Мы, надзиратели, столкнулись с этими ужасными условиями, в которых приходилось выполнять свою работу. Я провела в Аушвице всего четыре недели, а уже семь надсмотрщиков попали в больницу с тифом. Мне почти некем было руководить, так как некоторые оставались в больнице по году. Нам не разрешали заходить в палаты в своих платьях и нижнем белье, так как они были полны блох и вшей из лагеря. Это было ужасно7
.Постепенно условия несколько улучшились. Мандель продолжала просить у Хёсса положить бетонные полы, на что тот приказал ей обратиться напрямую к начальнику строительства Бишоффу, потому что как женщине ей было проще добиться результата. Бишофф отказался. В конце концов Мария получила от Освальда Поля разрешение на установку штампованных глиняных полов в казармах и отметила, что «с ними было невозможно содержать все в чистоте и без вшей». Врачи часто менялись. «Приехал Менгеле и очень много сделал. Доктор Виртс помог с теплой водой, так что тиф и эпидемии сократились»8
.Глава 27
Appell. Перекличка была пыткой
Мало найдется рассказов о жизни в Биркенау, в которых бы не упоминались ежедневные переклички. Заключенный Александр Кинский позже заметил, что, когда Мандель входила в лагерь, начиналась суматошная перекличка, и Мандель всегда присутствовала на ней. Нацистская страсть к порядку превращала переклички в задачу первостепенной важности, и Мария знала, что одной из ее главных задач на посту главной надзирательницы будет их организация. Для надзирателей, а особенно для заключенных, это была обременительная и сложная задача. Переклички могли длиться по несколько часов, часто в ужасную погоду. Заключенные, одетые в неподходящую одежду и лишенные нормального питания, терпели как могли. Позже эти переклички превратились в отбор тех, кто будет жить, а кто умрет, разделяя заключенных на больных и здоровых. Чрезвычайные страдания во время перекличек стали рефреном, который будет часто повторяться во время суда над Марией за ее военные преступления2
.Мария заявила: «Когда я приняла в управление лагерь, то даже не могла определить точное количество заключенных. Чтобы обеспечить порядок, мне пришлось составить каталог заключенных. С этой целью и с согласия политотдела были организованы две воскресные переклички. Учитывая беспорядок, который я обнаружила, и отсутствие какой-либо организации, эти переклички были долгими, затягивались на весь день.

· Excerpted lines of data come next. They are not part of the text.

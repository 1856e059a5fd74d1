-- ===== src/Grammar/Viable.antt =====
-- The beginnings of an output: whatever the parser has shifted, some output begins with it.
use gdbwire.Base.{
  ◌≡◌, refl, subst, List, [], ◌∷◌, ◌++◌, Option, none, some, Bytes, codes, append_assoc,
}
use gdbwire.Pt.{MiResult, null, cstring, MiOutputVariant, output_prompt, MiPosition}
use gdbwire.Lexer.{Token, lexeme, closed_paren, equal_sign, newline, string_literal, carrot}
use gdbwire.Lexer.Terminated.{Terminated, Terminated-cons}
use gdbwire.Grammar.{result_class, async_class}
use gdbwire.Grammar.Productions.{Lexemes, unescaped, push_back, Output, output_newline}
use gdbwire.Grammar.Machine.{
  Head, result_head, async_head, Bracket, brace, bracket, Frame, Place, at_first, at_comma,
  at_variable, at_equal, at_result, Pstate, at_start, at_token, at_carrot, at_async, at_class,
  at_stream, at_variant, at_paren, at_prompt, in_list, recovering, shifted, complete, variant_of,
  closed, step_place, step,
}
use gdbwire.Grammar.Reached.{Leads, closing_token}
use gdbwire.Grammar.Sound.{step-Leads}
use gdbwire.Grammar.Shifts.{
  Shifts, Shifts-append, Shifts-Reached, IsReading, Shifts-IsReading, newline_shifts,
}

-- Some output, up to its line break, begins with the tokens.
pub record IsViable (ts : Lexemes) : Type 0 where
  pub rest : Lexemes
  pub variant : MiOutputVariant
  pub brk : Bytes
  pub whole : Terminated brk (ts ++ rest)
  pub derived : Output (ts ++ rest) variant []

-- Tokens that bring the machine from the state to a complete output. None is a line break.
record Finish (s : Pstate) : Type 0 where
  tokens : Lexemes
  end : Pstate
  value : MiOutputVariant
  run : Shifts s tokens end
  finished : step end newline [] ≡ complete value

abbrev nowhere : MiPosition
nowhere = record { start_column = 1; end_column = 1 }

-- One token more in front.
Finish-by :
    (s m : Pstate) (t : Token) (text : Bytes) → step s t text ≡ shifted m → Finish m → Finish s
Finish-by s m t text e f = record {
  tokens = lexeme t text nowhere ∷ f.tokens;
  end = f.end;
  value = f.value;
  run = (m, e, f.run);
  finished = f.finished;
}

step-close :
    (h : Head) (f : Frame) (fs : List Frame) (acc : MiResult)
    → step (in_list h (f ∷ fs) (at_result acc)) (closing_token f.kind) []
      ≡ shifted (in_list h fs (at_result (push_back f.results (closed f.kind f.variable acc))))
unfolding step step_place
step-close h f fs acc = by_bracket f.kind
  where
    by_bracket :
        (b : Bracket)
        → step
            (in_list h
              (record { kind = b; variable = f.variable; results = f.results } ∷ fs)
              (at_result acc))
            (closing_token b)
            []
          ≡ shifted (in_list h fs (at_result (push_back f.results (closed b f.variable acc))))
    by_bracket brace = refl
    by_bracket bracket = refl

Finish-result :
    (h : Head) (fs : List Frame) (acc : MiResult) → Finish (in_list h fs (at_result acc))
unfolding step step_place
Finish-result h [] acc = record {
  tokens = [];
  end = in_list h [] (at_result acc);
  value = variant_of h acc;
  run = refl;
  finished = refl;
}
Finish-result h (f ∷ fs) acc =
    Finish-by (in_list h (f ∷ fs) (at_result acc)) _ (closing_token f.kind) []
      (step-close h f fs acc)
      (Finish-result h fs (push_back f.results (closed f.kind f.variable acc)))

Finish-value :
    (h : Head) (fs : List Frame) (acc : MiResult) (v : Option Bytes)
    → Finish (in_list h fs (at_result (push_back acc (cstring v (unescaped []) null))))
Finish-value h fs acc v = Finish-result h fs (push_back acc (cstring v (unescaped []) null))

Finish-variant : (v : MiOutputVariant) → Finish (at_variant v)
unfolding step
Finish-variant v = record {
  tokens = [];
  end = at_variant v;
  value = v;
  run = refl;
  finished = refl;
}

Finish-class : (h : Head) → Finish (at_class h)
unfolding step
Finish-class h = record {
  tokens = [];
  end = at_class h;
  value = variant_of h null;
  run = refl;
  finished = refl;
}

Finish-place : (h : Head) (fs : List Frame) (p : Place) → Finish (in_list h fs p)
unfolding step step_place
Finish-place h [] at_first =
    Finish-by (in_list h [] at_first) _ Token.cstring [] refl (Finish-value h [] null none)
Finish-place h (f ∷ fs) at_first =
    Finish-by (in_list h (f ∷ fs) at_first) (in_list h (f ∷ fs) (at_variable null []))
      string_literal [] refl
      (Finish-by _ (in_list h (f ∷ fs) (at_equal null [])) equal_sign [] refl
        (Finish-by _ _ Token.cstring [] refl (Finish-value h (f ∷ fs) null (some []))))
Finish-place h fs (at_comma acc) =
    Finish-by (in_list h fs (at_comma acc)) _ Token.cstring [] refl (Finish-value h fs acc none)
Finish-place h fs (at_variable acc v) =
    Finish-by (in_list h fs (at_variable acc v)) (in_list h fs (at_equal acc v)) equal_sign [] refl
      (Finish-by _ _ Token.cstring [] refl (Finish-value h fs acc (some v)))
Finish-place h fs (at_equal acc v) =
    Finish-by (in_list h fs (at_equal acc v)) _ Token.cstring [] refl
      (Finish-value h fs acc (some v))
Finish-place h fs (at_result acc) = Finish-result h fs acc

Finish-carrot : (token : Option Bytes) → Finish (at_carrot token)
unfolding step
Finish-carrot token =
    Finish-by (at_carrot token) (at_class (result_head token (result_class []))) string_literal []
      refl (Finish-class _)

-- Every state in which tokens are read can be finished.
finish : (s : Pstate) → IsReading s → Finish s
unfolding step
finish at_start h = Finish-by at_start (at_carrot none) carrot [] refl (Finish-carrot none)
finish (at_token x) h =
    Finish-by (at_token x) (at_carrot (some x)) carrot [] refl (Finish-carrot (some x))
finish (at_carrot x) h = Finish-carrot x
finish (at_async x k) h =
    Finish-by (at_async x k) (at_class (async_head x k (async_class []))) string_literal [] refl
      (Finish-class _)
finish (at_class c) h = Finish-class c
finish (at_stream k) h = Finish-by (at_stream k) _ Token.cstring [] refl (Finish-variant _)
finish (at_variant v) h = Finish-variant v
finish at_paren h = Finish-by at_paren at_prompt string_literal (codes "gdb") refl (
    Finish-by at_prompt (at_variant output_prompt) closed_paren [] refl
      (Finish-variant output_prompt))
finish at_prompt h =
    Finish-by at_prompt (at_variant output_prompt) closed_paren [] refl
      (Finish-variant output_prompt)
finish (in_list c fs p) h = Finish-place c fs p
finish recovering h = absurd h

-- Tokens that are shifted have no line break.
Shifts-Terminated :
    (s s' : Pstate) (ts : Lexemes) (text : Bytes) (pos : MiPosition)
    → Shifts s ts s'
    → Terminated text (ts ++ lexeme newline text pos ∷ [])
Shifts-Terminated s s' [] text pos h = (refl, refl)
Shifts-Terminated s s' (lexeme t x p ∷ ts) text pos (m, e, h) =
    Terminated-cons text t x p _
      (λ same. newline_shifts s x m (subst (λ y. step s y x ≡ shifted m) same e))
      (Shifts-Terminated m s' ts text pos h)

pub complete-Output :
    (ts : Lexemes) (s : Pstate) (v : MiOutputVariant) (text : Bytes) (pos : MiPosition)
    → Shifts at_start ts s
    → step s newline text ≡ complete v
    → Output (ts ++ lexeme newline text pos ∷ []) v []
complete-Output ts s v text pos h e = output (
    subst (Leads newline full []) e (
      step-Leads s newline text pos full []
        (Shifts-Reached at_start s ts full (lexeme newline text pos ∷ []) refl h)))
  where
    full : Lexemes
    full = ts ++ lexeme newline text pos ∷ []

    output : Leads newline full [] (complete v) → Output full v []
    output (same, mid, brk, d, n) = output_newline brk d n

-- What the parser has shifted from its start is the beginning of an output.
pub Shifts-IsViable : (s : Pstate) (ts : Lexemes) → Shifts at_start ts s → IsViable ts
Shifts-IsViable s ts h = record {
  rest = f.tokens ++ lexeme newline [] nowhere ∷ [];
  variant = f.value;
  brk = [];
  whole =
      subst (Terminated []) (append_assoc ts f.tokens last)
        (Shifts-Terminated at_start f.end (ts ++ f.tokens) [] nowhere run);
  derived =
      subst (λ x. Output x f.value []) (append_assoc ts f.tokens last)
        (complete-Output (ts ++ f.tokens) f.end f.value [] nowhere run f.finished);
}
  where
    f : Finish s
    f = finish s (Shifts-IsReading s ts h)

    last : Lexemes
    last = lexeme newline [] nowhere ∷ []

    run : Shifts at_start (ts ++ f.tokens) f.end
    run = Shifts-append at_start s f.end ts f.tokens h f.run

Я утверждаю, что во время этих воскресных перекличек никто из заключенных не умер. Разве что некоторые заключенные падали от истощения»3
.Уцелевшие помнят, какой хаос творился во время тех ранних перекличек. Хелен Тихауэр, заключенная, которая находилась в женском лагере почти с самого его основания, вспоминала хаос административного процесса, в котором женщины-охранники с трудом продвигались в своем деле. Заключенные прятались, перебегали от одной группы к другой, а номера не совпадали, и весь процесс приходилось начинать сначала. Позже Мария говорила, что «дела с перекличкой заключенных обстояли ужасно»4
.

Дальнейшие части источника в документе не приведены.